Design of Area Optimized Arithmetic and Logical Unit for Microcontroller

Abstract

Arithmetic and Logic Unit (ALU) can be understood with basic knowledge of digital electronics. The advantage of knowing ALU in detail is two-folded: firstly, programming of the processing device can be efficient and secondly, can design a new ALU architecture as per the various constraints of the use cases. The miniaturization of digital circuits can be achieved by either reducing the size of transistor (Moore’s law) or by optimizing the gate count of the circuit. The first has been explored extensively while the latter has been ignored which deals with the application of Boolean rules and requires sound knowledge of logic design. The ultimate outcome is to have an area optimized architecture/approach that optimizes the circuit at gate level. Here in this work, we have attempted to design an ALU which is area efficient while being loaded with additional functionality necessary for microcontrollers.

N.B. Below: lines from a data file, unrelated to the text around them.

-- ===== src/Bsf/Steps.antt =====
-- What one event does to the library when all keys of the cache have been freed.
use rt_5gc_service_consumers.Common.{
  ℕ, ◌+◌, Bool, true, false, List, [], ◌∷◌, ◌++◌, map, Option, none, some, Str, ◌==◌, is_some, ok,
  fault, ◌≡◌, ◌≢◌, ◌⊎◌, refl, arith, Option-cases, Bool-cases, ==_self, inl, inr,
}
use rt_5gc_service_consumers.Bsf.{
  Cached, Sess, Context, Family, inet, inet6, unknown, Answer, new_session, known_family, finish,
  pcf_bindings_cache_find, pcf_bindings_cache_add, pcf_bindings_cache_log_debug, cache_get,
  retrieve_pcf_binding_for_pdu_session, active_sessions_find, process_pcf_bindings, answered,
  process_client_wait, free_key,
}
use rt_5gc_service_consumers.Bsf.Counts.{
  Event, retrieve, pcf_bindings, client_wait, step, asked, settled, settled-finish,
  settled-new_session, AllFreed, AllFreed-map, log-AllFreed, find-AllFreed,
}

known_of : (family : Family) → family ≢ unknown → known_family family ≡ true
unfolding known_family
known_of inet h = refl
known_of inet6 h = refl
known_of unknown h = absurd (h refl)

module _ {Binding : Type 0} where
  -- Each retrieval is for an IPv4 or an IPv6 address.
  abbrev pub IsIp : Event Binding → Type 0
  IsIp (retrieve now fresh family ue_address callback user_data) = family ≢ unknown
  IsIp (pcf_bindings sess a) = Unit {0}
  IsIp (client_wait sess) = Unit {0}

  abbrev pub AreIp : List (Event Binding) → Type 0
  AreIp [] = Unit {0}
  AreIp (e ∷ es) = IsIp e × AreIp es

  -- The event needs the cache: a retrieval, or an answer for a session that waits.
  abbrev pub needs_cache : Event Binding → Context Binding → Bool
  needs_cache (retrieve now fresh family ue_address callback user_data) c = true
  needs_cache (pcf_bindings sess a) c =
      is_some (active_sessions_find Binding sess c.active_sessions_list)
  needs_cache (client_wait sess) c = false

  nil-cases : (m : List (Cached Binding)) → (m ≡ []) ⊎ (m ≢ [])
  nil-cases [] = inl refl
  nil-cases (e ∷ m) = inr (λ h. cc)

  log-nil : (m : List (Cached Binding)) → m ≡ [] → pcf_bindings_cache_log_debug Binding m ≡ ok []
  unfolding pcf_bindings_cache_log_debug
  log-nil [] h = refl
  log-nil (e ∷ m) h = cc

  AllFreed-nil : (m : List (Cached Binding)) → m ≡ [] → AllFreed m
  AllFreed-nil [] h = tt
  AllFreed-nil (e ∷ m) h = cc

  new_session-log :
      (fresh : ℕ) (family : Family) (k : Str) (callback : Option ℕ) (user_data : ℕ)
      (c : Context Binding)
      → family ≢ unknown
      → AllFreed c.pcf_bindings_cache
      → ((v : Context Binding) × (new_session Binding fresh family k callback user_data c ≡ ok v)
          × AllFreed v.pcf_bindings_cache)
        ⊎ ((c.pcf_bindings_cache ≢ [])
            × (new_session Binding fresh family k callback user_data c ≡ fault))
  unfolding new_session
  new_session-log fresh family k callback user_data c h all =
      elim (nil-cases c.pcf_bindings_cache) [
        | inl e ↦ inl (
          record c {
            active_sessions_list =
                c.active_sessions_list
                ++ record {
                  address = fresh;
                  ue_address = k;
                  callback = callback;
                  user_data = user_data;
                }
                  ∷ [];
            queries = c.queries ++ fresh ∷ [];
          },
          rw (known_of family h, log-nil c.pcf_bindings_cache e) refl,
          AllFreed-nil c.pcf_bindings_cache e,
        )
        | inr ne ↦ inr (ne, rw (known_of family h, log-AllFreed c.pcf_bindings_cache all ne) refl)
      ]

module _ {Binding : Type 0} (hash : Str → ℕ) where
  -- What one event does, when all keys of the cache have been freed: it goes on, and for each user
  -- data the calls and the retrievals that wait grow by those made; or it needs the cache and fails.
  abbrev pub Goes : Event Binding → Context Binding → Context Binding → Type 0
  Goes e c v =
      (step hash e c ≡ ok v)
      × AllFreed v.pcf_bindings_cache
      × ((d : ℕ) → settled d v ≡ settled d c + asked d (e ∷ []))

  abbrev pub Fails : Event Binding → Context Binding → Type 0
  Fails e c = (c.pcf_bindings_cache ≢ []) × (needs_cache e c ≡ true) × (step hash e c ≡ fault)

  find-nil :
      (now : ℕ) (m : List (Cached Binding)) (k : Str)
      → m ≡ []
      → pcf_bindings_cache_find Binding hash now m k ≡ ok (m, none)
  unfolding pcf_bindings_cache_find cache_get
  find-nil now [] k h = refl
  find-nil now (e ∷ m) k h = cc

  retrieve-outcome :
      (now fresh : ℕ) (family : Family) (k : Str) (callback : Option ℕ) (user_data : ℕ)
      (c : Context Binding)
      → family ≢ unknown
      → AllFreed c.pcf_bindings_cache
      → ((v : Context Binding) × Goes (retrieve now fresh family k callback user_data) c v)
        ⊎ Fails (retrieve now fresh family k callback user_data) c
  unfolding retrieve_pcf_binding_for_pdu_session
  retrieve-outcome now fresh family k callback user_data c h all =
      elim (find-AllFreed hash now c.pcf_bindings_cache k all) [
        | inl e ↦ elim (nil-cases c.pcf_bindings_cache) [
          | inl n ↦ absurd (cc (find-nil now c.pcf_bindings_cache k n))
          | inr ne ↦ inr (ne, refl, rw e refl)
        ]
        | inr e ↦ elim (new_session-log fresh family k callback user_data c h all) [
          | inl (v, made, freed) ↦ inl (
            v,
            (
              rw e made,
              freed,
              λ d. omega (arith, settled-new_session d fresh family k callback user_data c v made),
            ),
          )
          | inr (ne, failed) ↦ inr (ne, refl, rw e failed)
        ]
      ]

  add-nil :
      (m : List (Cached Binding)) (s : Sess Binding) (b : Option Binding) (expires : ℕ)
      → m ≡ []
      → (n : List (Cached Binding)) × (pcf_bindings_cache_add Binding hash m s.ue_address s.address
            b expires
          ≡ ok n)
        × AllFreed (map (free_key Binding s.address) n)
  unfolding pcf_bindings_cache_add cache_get free_key
  add-nil [] s b expires h = (_, refl, ground (arith, ==_self s.address))
  add-nil (e ∷ m) s b expires h = cc

  finish-AllFreed :
      (s : Sess Binding) (b : Option Binding) (c : Context Binding)
      → AllFreed (map (free_key Binding s.address) c.pcf_bindings_cache)
      → AllFreed (finish Binding s b c).pcf_bindings_cache
  unfolding finish
  finish-AllFreed s b c h = h

  -- The answer for a session that waits, over an empty cache.
  answered-outcome :
      (sess : ℕ) (s : Sess Binding) (a : Answer Binding) (c : Context Binding)
      → active_sessions_find Binding sess c.active_sessions_list ≡ some s
      → c.pcf_bindings_cache ≡ []
      → AllFreed c.pcf_bindings_cache
      → (r : Context Binding × Bool) × (answered Binding hash s a c ≡ ok r)
        × AllFreed r.0.pcf_bindings_cache
        × ((d : ℕ) → settled d r.0 ≡ settled d c)
  unfolding answered
  answered-outcome sess s a c h e all = elim (Bool-cases (a.status == 200)) [
    | inr k ↦ (
      (finish Binding s none c, true),
      rw k refl,
      finish-AllFreed s none c (AllFreed-map s.address c.pcf_bindings_cache all),
      λ d. settled-finish d sess s none c h,
    )
    | inl k ↦ elim (Option-cases a.parsed) [
      | inl p ↦ ((c, false), rw (k, p, answered) refl, all, λ d. refl)
      | inr (b, p) ↦
          let (n, added, freed) = add-nil c.pcf_bindings_cache s b a.expires e in
          let c₁ = record c { pcf_bindings_cache = n } in
          (
            (finish Binding s b c₁, true),
            rw (k, p, answered) (rw added refl),
            finish-AllFreed s b c₁ freed,
            λ d. settled-finish d sess s b c₁ h,
          )
    ]
  ]

  process-outcome :
      (sess : ℕ) (a : Answer Binding) (c : Context Binding)
      → AllFreed c.pcf_bindings_cache
      → ((v : Context Binding) × Goes (pcf_bindings sess a) c v) ⊎ Fails (pcf_bindings sess a) c
  unfolding process_pcf_bindings
  process-outcome sess a c all =
      elim (Option-cases (active_sessions_find Binding sess c.active_sessions_list)) [
        | inl none_waits ↦
            inl (c, (rw (none_waits, process_pcf_bindings) refl, all, λ d. omega arith))
        | inr (s, found) ↦ elim (nil-cases c.pcf_bindings_cache) [
          | inr ne ↦ inr (
            ne,
            rw found refl,
            rw (found, process_pcf_bindings) (rw (log-AllFreed c.pcf_bindings_cache all ne) refl),
          )
          | inl e ↦
              let (r, done, freed, same) = answered-outcome sess s a c found e all in
              inl (
                r.0,
                (
                  rw (found, process_pcf_bindings) (rw (log-nil c.pcf_bindings_cache e, done) refl),
                  freed,
                  λ d. omega (arith, same d),
                ),
              )
        ]
      ]

  wait-outcome :
      (sess : ℕ) (c : Context Binding)
      → AllFreed c.pcf_bindings_cache
      → (v : Context Binding) × Goes (client_wait sess) c v
  unfolding process_client_wait
  wait-outcome sess c all =
      elim (Option-cases (active_sessions_find Binding sess c.active_sessions_list)) [
        | inl e ↦ (c, (rw (e, process_client_wait) refl, all, λ d. omega arith))
        | inr (s, e) ↦ (
          finish Binding s none c,
          (
            rw (e, process_client_wait) refl,
            finish-AllFreed s none c (AllFreed-map s.address c.pcf_bindings_cache all),
            λ d. omega (arith, settled-finish d sess s none c e),
          ),
        )
      ]

  pub step-outcome :
      (e : Event Binding) (c : Context Binding)
      → IsIp e
      → AllFreed c.pcf_bindings_cache
      → ((v : Context Binding) × Goes e c v) ⊎ Fails e c
  step-outcome (retrieve now fresh family k callback user_data) c h all =
      retrieve-outcome now fresh family k callback user_data c h all
  step-outcome (pcf_bindings sess a) c h all = process-outcome sess a c all
  step-outcome (client_wait sess) c h all = inl (wait-outcome sess c all)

One novel approach in our work is that the concept of hard-wired architecture (for multiplier and divider) is borrowed from Digital Signal Processors. Another aspect worth mentioning is the implementation of barrel shifter which will considerably reduce the execution time during the execution of shift/ rotate operations. The structural modeling is used in the design of the ALU which contributes to the reduction in the usage of number of LUTs and slices. The hardware design is made via Xilinx 9.1 ISE and verified using ModelSim. The results are very encouraging, and it seems that a thorough understanding and proper implementation of ALU will allow us to put other units in their place.